Apple is reportedly planning a big AI-focused M4 Mac upgrade

@[email protected] · 11 months ago

Apple is reportedly planning a big AI-focused M4 Mac upgrade

@QuadratureSurfer · 11 months ago

Depends on your work, what you’re trying to do, and how you use it.

As a developer I run my own local version of Dolphin Mixtral 8x7B (LLM) and it’s great at speeding up my productivity. I’m not asking for it to do everything all at once but usually just small snippets here and there to see if there’s a better or more efficient way.

I, for one, am looking forward to hardware improvements that can help us run larger models, so news like this is very welcome.

But you are correct, a large number of companies misunderstand how to use this technology when they should really be treating it like someone at an intern level.

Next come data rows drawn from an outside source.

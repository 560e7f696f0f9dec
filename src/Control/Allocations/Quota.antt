-- ===== src/Control/Allocations/Quota.antt =====
-- The quota of a user against the sum of the active allocations (allocations/allocate.go).
use orlop.Prelude.{
  ℕ, ◌+◌, ◌^◌, ◌≤◌, ◌<◌, Text, none, ◌∷◌, eqb, eqb_refl, if◌then◌else◌, ok, ◌≡◌, ◌≢◌, find,
  Option-cases, arith, inl, inr,
}
use orlop.Control.Store.{
  Allocation, User, Store, allocation_id, user_key, get_user, active_bytes,
  sum_active_allocation_bytes,
}
use orlop.Control.Store.Disks.{insert_allocation, new_allocation}
use orlop.Control.Allocations.{allocate}

-- An allocation that succeeds below 2 ^ 63 bytes in all stays within the user's quota, adds its size to the user's active
-- sum, and leaves every other user's.
pub allocate_lem :
    (id : Text) (now : ℕ) (user : Text) (size : ℕ) (other_user : Text) (db db' : Store)
    (a : Allocation)
    → allocate id now user size db ≡ ok (a, db')
    → active_bytes user db.allocations + size < 2 ^ 63
    → ((u : User) × (get_user user db ≡ ok u) × (active_bytes user db'.allocations ≤ u.quota_bytes))
      × (active_bytes other_user db'.allocations
          ≡ (if eqb user other_user then size else 0) + active_bytes other_user db.allocations)
unfolding allocate insert_allocation get_user sum_active_allocation_bytes active_bytes
allocate_lem id now user size other_user db db' a done small =
    elim (Option-cases (find user_key user db.users)) [
      | inl e ↦ ground (arith, e, done)
      | inr (u, e) ↦
          let shape : db'.allocations ≡ new_allocation id user size now ∷ db.allocations =
            ground (arith, e, done) in
          rw shape
            ((u, ground (arith, e), ground (arith, e, done, small, eqb_refl user)), ground arith)
    ]

-- The store with a new allocation.
abbrev pub with_new : Text → Text → ℕ → ℕ → Store → Store
with_new id user size now db = record db {
  allocations = new_allocation id user size now ∷ db.allocations;
}

-- The sum of a user's bytes is not readable any more, and no allocation is.
allocate_unreadable :
    (id : Text) (now : ℕ) (user : Text) (size : ℕ) (db : Store) (a : Allocation) (db' : Store)
    → 2 ^ 63 ≤ active_bytes user db.allocations
    → allocate id now user size db ≢ ok (a, db')
unfolding allocate sum_active_allocation_bytes get_user
allocate_unreadable id now user size db a db' big done =
    elim (Option-cases (find user_key user db.users)) [
      | inl e ↦ ground (arith, e, done)
      | inr (u, e) ↦ ground (arith, e, done, big)
    ]

-- Where a user's active bytes fit an int64 and the fresh allocation that comes next makes them overflow it, that one
-- succeeds whatever the quota is, and after it no allocation of the user does.
pub allocate_overflow :
    (id : Text) (now : ℕ) (user : Text) (size : ℕ) (db : Store) (u : User)
    → get_user user db ≡ ok u
    → find allocation_id id db.allocations ≡ none
    → size < 2 ^ 63
    → active_bytes user db.allocations < 2 ^ 63
    → 2 ^ 63 ≤ active_bytes user db.allocations + size
    → (allocate id now user size db
        ≡ ok (new_allocation id user size now, with_new id user size now db))
      × ((id' : Text) (now' size' : ℕ) (a : Allocation) (db' : Store)
          → allocate id' now' user size' (with_new id user size now db) ≢ ok (a, db'))
unfolding allocate insert_allocation get_user sum_active_allocation_bytes active_bytes
allocate_overflow id now user size db u known fresh small fits big = (
  ground (arith, known, fresh, small, fits, big),
  λ id' now' size' a db'.
      allocate_unreadable id' now' user size' (with_new id user size now db) a db'
        (ground (arith, big, eqb_refl user)),
)
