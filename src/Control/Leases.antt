-- ===== src/Control/Leases.antt =====
-- The mount lease of an allocation: allocations/lease.go and force_release.go. `now` is the time of the statement and
-- `later` the time of the classification of its miss. Log lines are left out.
pub mod Exclusive
pub mod Outcomes
use orlop.Prelude.{
  ℕ, ◌+◌, Text, Bool, true, false, Option, none, some, ◌&&◌, ◌||◌, not, eqb, leb, is_some,
  if◌then◌else◌, Outcome, ok, err, guard, ◌>>=◌, ◌>>◌, text, find, [],
}
use orlop.Prelude.Map.{is_empty}
use orlop.Control.Store.{
  Allocation, Enrollment, Revocation, Store, Error, Result, not_found, wrong_user, wrong_agent,
  already_mounted, lease_lost, lease_live, revoked, other, get_allocation, get_agent_enrollment,
  add_cert_revocation,
}
use orlop.Control.Store.Disks.{
  acquire_lease, refresh_lease, release_lease, force_release_lease, is_for,
}
use orlop.Control.Allocations.{on_not_found}

-- The expiry of a lease that is live.
unfoldable pub live_until : Option ℕ → ℕ → Option ℕ
live_until none now = none
live_until (some e) now = if leb e now then none else some e

unfoldable pub classify_lease_miss : ℕ → Text → Bool → Allocation → Error
classify_lease_miss later agent acquiring cur =
    if is_some cur.revoked_at then revoked else (elim (live_until cur.lease_expires_at later) [
      | some e ↦
          if not (is_for cur.bound_agent_id agent)
          then (if acquiring then lease_live cur.bound_at e else wrong_agent)
          else if acquiring
          then already_mounted
          else wrong_agent
      | none ↦
          if not (is_for cur.bound_agent_id agent)
          then (if acquiring then other else wrong_agent)
          else if acquiring
          then other
          else lease_lost
    ])

abbrev pub miss : ℕ → Text → Text → Bool → Store → Result (Allocation × Store)
miss later id agent acquiring db =
    get_allocation id db >>= (λ cur. err (classify_lease_miss later agent acquiring cur))

unfoldable pub acquire_mount_lease_with_token :
    ℕ → ℕ → Text → Text → ℕ → Bool → Text → Store → Result (Allocation × Store)
acquire_mount_lease_with_token now later id agent ttl force token db =
    on_not_found (acquire_lease now id agent ttl force token db) (miss later id agent true db)

abbrev pub acquire_mount_lease :
    ℕ → ℕ → Text → Text → ℕ → Bool → Store → Result (Allocation × Store)
acquire_mount_lease now later id agent ttl force =
    acquire_mount_lease_with_token now later id agent ttl force []

unfoldable pub refresh_mount_lease_with_token :
    ℕ → ℕ → Text → Text → ℕ → Text → Text → Store → Result (Allocation × Store)
refresh_mount_lease_with_token now later id agent ttl token new_token db =
    on_not_found (refresh_lease now id agent ttl token new_token db) (miss later id agent false db)

abbrev pub refresh_mount_lease : ℕ → ℕ → Text → Text → ℕ → Store → Result (Allocation × Store)
refresh_mount_lease now later id agent ttl =
    refresh_mount_lease_with_token now later id agent ttl [] []

-- The agent's certificate goes to the deny list; nothing happens where its enrollment is gone.
unfoldable pub revoke_released_agent_cert : Text → Text → Store → Store
revoke_released_agent_cert enrollment tenant db =
    if is_empty enrollment then db else (elim (get_agent_enrollment enrollment db) [
      | err e ↦ db
      | ok enr ↦
          add_cert_revocation
            (record {
              serial = enr.cert_serial;
              tenant_id = tenant;
              expires_at = enr.cert_not_after;
              reason = text "lease_released";
            })
            db
    ])

abbrev pub release_miss : Text → Text → Text → Store → Result Store
release_miss id agent token db = get_allocation id db >>= (λ cur.
    if is_some cur.bound_agent_id && (not (is_for cur.bound_agent_id agent) || not (is_empty token))
    then err wrong_agent
    else err other)

unfoldable pub release_mount_lease_with_token : Text → Text → Text → Store → Result Store
release_mount_lease_with_token id agent token db =
    on_not_found
      (release_lease id agent token db
        >>= (λ r. ok (revoke_released_agent_cert agent r.0.tenant_id r.1)))
      (release_miss id agent token db)

abbrev pub release_mount_lease : Text → Text → Store → Result Store
release_mount_lease id agent = release_mount_lease_with_token id agent []

-- The agent that a row was bound to loses its certificate.
abbrev pub revoke_bound : Option Text → Text → Store → Store
revoke_bound none tenant db = db
revoke_bound (some agent) tenant db = revoke_released_agent_cert agent tenant db

unfoldable pub force_release_mount_lease : Text → Text → Store → Result Store
force_release_mount_lease id user db =
    on_not_found
      (force_release_lease id user db >>= (λ r. ok (elim (get_allocation id db) [
        | ok prior ↦ revoke_bound prior.bound_agent_id prior.tenant_id r.1
        | err e ↦ r.1
      ])))
      (get_allocation id db >>= (λ cur.
        guard (eqb cur.user_id user) wrong_user
        >> guard (not (is_some cur.revoked_at)) revoked
        >> err other))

It’s great to give small and simple (especially repetitive) tasks, but you’ll still need to verify everything.

grogman · 11 months ago

Hey, I might give Dolphin Mixyral a try. Do you know where I might install it?
Also, are you a web dev?

@QuadratureSurfer · 11 months ago

Well that’s a loaded question.

There are probably some websites that let you try out the model while they run it on their own equipment (or have it rented out through Amazon, etc.). But the biggest advantage to these models is being able to run it locally if you have the hardware to handle it (beefy GPU for quicker responses and a lot of RAM).

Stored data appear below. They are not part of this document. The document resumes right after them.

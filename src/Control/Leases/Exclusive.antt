-- ===== src/Control/Leases/Exclusive.antt =====
-- A mount lease against the calls of others: sequences of acquires, refreshes and releases on a store.
use orlop.Prelude.{
  ℕ, Text, Bool, true, false, some, List, [], ◌∷◌, ◌&&◌, ◌||◌, not, eqb, eqb_iff, ltb, is_some, ok,
  err, ◌>>=◌, ◌≡◌, refl, find, find-update_key, Option-cases, arith, ap, inl, inr,
}
use orlop.Control.Store.{
  Allocation, Store, Result, not_found, allocation_id, enrollment_id, add_cert_revocation,
  get_agent_enrollment, get_allocation,
}
use orlop.Control.Store.Disks.{
  update_where, acquire_lease, refresh_lease, release_lease, may_acquire, may_refresh, acquired,
  refreshed, released, holds,
}
use orlop.Control.Allocations.{on_not_found}
use orlop.Control.Leases.{
  miss, release_miss, acquire_mount_lease_with_token, refresh_mount_lease_with_token,
  release_mount_lease_with_token, revoke_released_agent_cert,
}

-- The calls that carry no owner's authority: now, later, the allocation, the agent, and the rest.
pub data Call : Type 0 where
  acquires : ℕ → ℕ → Text → Text → ℕ → Bool → Text → Call
  refreshes : ℕ → ℕ → Text → Text → ℕ → Text → Text → Call
  releases : Text → Text → Text → Call

abbrev left_by : {A : Type 0} → Store → Result (A × Store) → Store
left_by db (ok r) = r.1
left_by db (err e) = db

abbrev result_of : Store → Result Store → Store
result_of db (ok db') = db'
result_of db (err e) = db

unfoldable pub perform : Call → Store → Store
perform (acquires now later id agent ttl force token) db =
    left_by db (acquire_mount_lease_with_token now later id agent ttl force token db)
perform (refreshes now later id agent ttl token new_token) db =
    left_by db (refresh_mount_lease_with_token now later id agent ttl token new_token db)
perform (releases id agent token) db =
    result_of db (release_mount_lease_with_token id agent token db)

unfoldable pub run : List Call → Store → Store
run [] db = db
run (c ∷ cs) db = run cs (perform c db)

-- Whether a call leaves the lease of `holder` on `id` alone, which runs until `expiry` under `token`: it is on another
-- allocation, or an unforced acquire of another agent before the expiry, or it proves another token.
abbrev pub is_foreign : Text → Text → ℕ → Text → Call → Bool
is_foreign id holder expiry token (acquires now later on agent ttl force new) =
    not (eqb on id) || (not force && not (eqb holder agent) && ltb now expiry)
is_foreign id holder expiry token (refreshes now later on agent ttl proof new) =
    not (eqb on id) || not (eqb token proof)
is_foreign id holder expiry token (releases on agent proof) =
    not (eqb on id) || not (eqb token proof)

abbrev pub all_foreign : Text → Text → ℕ → Text → List Call → Bool
all_foreign id holder expiry token [] = true
all_foreign id holder expiry token (c ∷ cs) =
    is_foreign id holder expiry token c && all_foreign id holder expiry token cs

-- Row `id` after an update of a row that it is not, or whose guard fails.
find-update_where :
    (id on : Text) (test : Allocation → Bool) (f : Allocation → Allocation) (db : Store)
    (a : Allocation)
    → ((r : Allocation) → (f r).id ≡ r.id)
    → find allocation_id id db.allocations ≡ some a
    → (not (eqb on id) || not (test a)) ≡ true
    → find allocation_id id (left_by db (update_where on test f db)).allocations ≡ some a
unfolding update_where
find-update_where id on test f db a keeps here apart =
    elim (Option-cases (find allocation_id on db.allocations)) [
      | inl e ↦ ground (arith, e, here)
      | inr (b, e) ↦ ground (
        arith,
        e,
        here,
        apart,
        eqb_iff on id,
        find-update_key allocation_id id on f db.allocations keeps,
      )
    ]

-- The deny list has no part in the allocations.
allocations-revoke_released_agent_cert :
    (agent tenant : Text) (db : Store)
    → (revoke_released_agent_cert agent tenant db).allocations ≡ db.allocations
unfolding revoke_released_agent_cert add_cert_revocation get_agent_enrollment
allocations-revoke_released_agent_cert agent tenant db =
    ground (arith, Option-cases (find enrollment_id agent db.enrollments))

left_by-on_not_found :
    (db : Store) (r m : Result (Allocation × Store))
    → left_by db m ≡ db
    → left_by db (on_not_found r m) ≡ left_by db r
left_by-on_not_found db (ok x) m same = refl
left_by-on_not_found db (err e) m same = elim e as (λ x. left_by db (on_not_found (err x) m) ≡ db) [
  | not_found ↦ same
  | _ ↦ refl
]

allocations-with_revocation :
    (agent : Text) (db : Store) (r : Result (Allocation × Store)) (m : Result Store)
    → result_of db m ≡ db
    → (result_of db (
        on_not_found
          (r >>= (λ x. ok (revoke_released_agent_cert agent x.0.tenant_id x.1)))
          m)).allocations
      ≡ (left_by db r).allocations
allocations-with_revocation agent db (ok x) m same =
    allocations-revoke_released_agent_cert agent x.0.tenant_id x.1
allocations-with_revocation agent db (err e) m same =
    elim e as (λ x. (result_of db (on_not_found (err x) m)).allocations ≡ db.allocations) [
      | not_found ↦ ap (λ d. d.allocations) same
      | _ ↦ refl
    ]

result_of-release_miss :
    (id agent token : Text) (db : Store) → result_of db (release_miss id agent token db) ≡ db
unfolding get_allocation
result_of-release_miss id agent token db =
    ground (arith, Option-cases (find allocation_id id db.allocations))

left_by-miss :
    (later : ℕ) (id agent : Text) (acquiring : Bool) (db : Store)
    → left_by db (miss later id agent acquiring db) ≡ db
unfolding get_allocation
left_by-miss later id agent acquiring db =
    ground (arith, Option-cases (find allocation_id id db.allocations))

module _ (id holder : Text) (expiry : ℕ) (token : Text) (db : Store) (a : Allocation)
    (here : find allocation_id id db.allocations ≡ some a) (bound : a.bound_agent_id ≡ some holder)
    (runs : a.lease_expires_at ≡ some expiry) (proof : a.mount_lease_token_hash ≡ some token) where
  acquire-foreign :
      (now later : ℕ) (on agent : Text) (ttl : ℕ) (force : Bool) (new : Text)
      → is_foreign id holder expiry token (acquires now later on agent ttl force new) ≡ true
      → find allocation_id id (perform (acquires now later on agent ttl force new) db).allocations
        ≡ some a
  unfolding perform acquire_mount_lease_with_token acquire_lease
  acquire-foreign now later on agent ttl force new foreign =
      rw
        (left_by-on_not_found db (acquire_lease now on agent ttl force new db)
          (miss later on agent true db) (left_by-miss later on agent true db))
        (find-update_where id on (may_acquire now agent force) (acquired now agent ttl new) db a
          (λ _. refl) here (ground (arith, foreign, bound, runs, eqb_iff holder agent)))

  refresh-foreign :
      (now later : ℕ) (on agent : Text) (ttl : ℕ) (given new : Text)
      → is_foreign id holder expiry token (refreshes now later on agent ttl given new) ≡ true
      → find allocation_id id (perform (refreshes now later on agent ttl given new) db).allocations
        ≡ some a
  unfolding perform refresh_mount_lease_with_token refresh_lease
  refresh-foreign now later on agent ttl given new foreign =
      rw
        (left_by-on_not_found db (refresh_lease now on agent ttl given new db)
          (miss later on agent false db) (left_by-miss later on agent false db))
        (find-update_where id on (may_refresh now agent given) (refreshed now agent ttl new) db a
          (λ _. refl) here (ground (arith, foreign, bound, runs, proof, eqb_iff token given)))

  release-foreign :
      (on agent given : Text)
      → is_foreign id holder expiry token (releases on agent given) ≡ true
      → find allocation_id id (perform (releases on agent given) db).allocations ≡ some a
  unfolding perform release_mount_lease_with_token release_lease
  release-foreign on agent given foreign =
      rw
        (allocations-with_revocation agent db (release_lease on agent given db)
          (release_miss on agent given db) (result_of-release_miss on agent given db))
        (find-update_where id on (λ r. not (is_some r.bound_agent_id) || holds agent given r)
          released db a (λ _. refl) here
          (ground (arith, foreign, bound, proof, eqb_iff token given)))

  perform-foreign :
      (c : Call)
      → is_foreign id holder expiry token c ≡ true
      → find allocation_id id (perform c db).allocations ≡ some a
  perform-foreign (acquires now later on agent ttl force new) =
      acquire-foreign now later on agent ttl force new
  perform-foreign (refreshes now later on agent ttl given new) =
      refresh-foreign now later on agent ttl given new
  perform-foreign (releases on agent given) = release-foreign on agent given

-- While a lease with a token runs, whatever acquires, refreshes and releases others make, in any order, the row of
-- its allocation stays as it is: an acquire without force by another agent, before the expiry, and a refresh or release with
-- another token are refused, whatever they do to other allocations.
pub lease_is_exclusive :
    (id holder : Text) (expiry : ℕ) (token : Text) (calls : List Call) (db : Store) (a : Allocation)
    → find allocation_id id db.allocations ≡ some a
    → a.bound_agent_id ≡ some holder
    → a.lease_expires_at ≡ some expiry
    → a.mount_lease_token_hash ≡ some token
    → all_foreign id holder expiry token calls ≡ true
    → find allocation_id id (run calls db).allocations ≡ some a
unfolding run
lease_is_exclusive id holder expiry token [] db a here bound runs proof foreign = here
lease_is_exclusive id holder expiry token (c ∷ calls) db a here bound runs proof foreign =
    lease_is_exclusive id holder expiry token calls (perform c db) a
      (perform-foreign id holder expiry token db a here bound runs proof c
        (ground (arith, foreign)))
      bound runs proof (ground (arith, foreign))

To quickly answer your question, you can download the model from here:
https://huggingface.co/TheBloke/dolphin-2.5-mixtral-8x7b-GGUF
I would recommend Q5_K_M.

But you’ll also need some software to run it.

A large number of users are using “Text-Generation-WebUI” https://github.com/oobabooga/text-generation-webui
There’s also “LM Studio” https://lmstudio.ai/
Ollama https://github.com/ollama/ollama
And more.

I know that LM Studio supports Both NVIDIA and AMD GPUs.
Text-Generation-WebUI can support AMD GPUs as well, it just requires some additional setup to get it working.

Some things to keep in mind…
Hardware requirements:
- RAM is the biggest limiting factor with which model you can run while your GPU/CPU will decide how quickly the LLM can respond.
- If you can fit the entire model inside of your GPU’s VRAM you’ll get the most speed. In this case I would suggest using a GPTQ model instead of GGUF https://huggingface.co/TheBloke/dolphin-2.5-mixtral-8x7b-GPTQ
- Even the newest consumer grade GPUs only have 24GB of VRAM right now (RTX 4090, RTX 3090, and RX 7900 XTX). And the next generation of Consumer GPUs are looking like they will be capped at 24GB of VRAM as well unless AMD decides this is their way of competing with NVIDIA.
GGUF models let you compensate for VRAM limitations by loading the model first in VRAM and anything leftover will get loaded into system RAM.

Context Length: Think of an LLM like something that only has a fixed amount of short term memory. The bigger you set the context length, the more short term memory you can give it (the maximum length you can set depends on the model you’re using and setting it to the max also requires more RAM). Mixtral 8x7B models have a Max context length of 32k.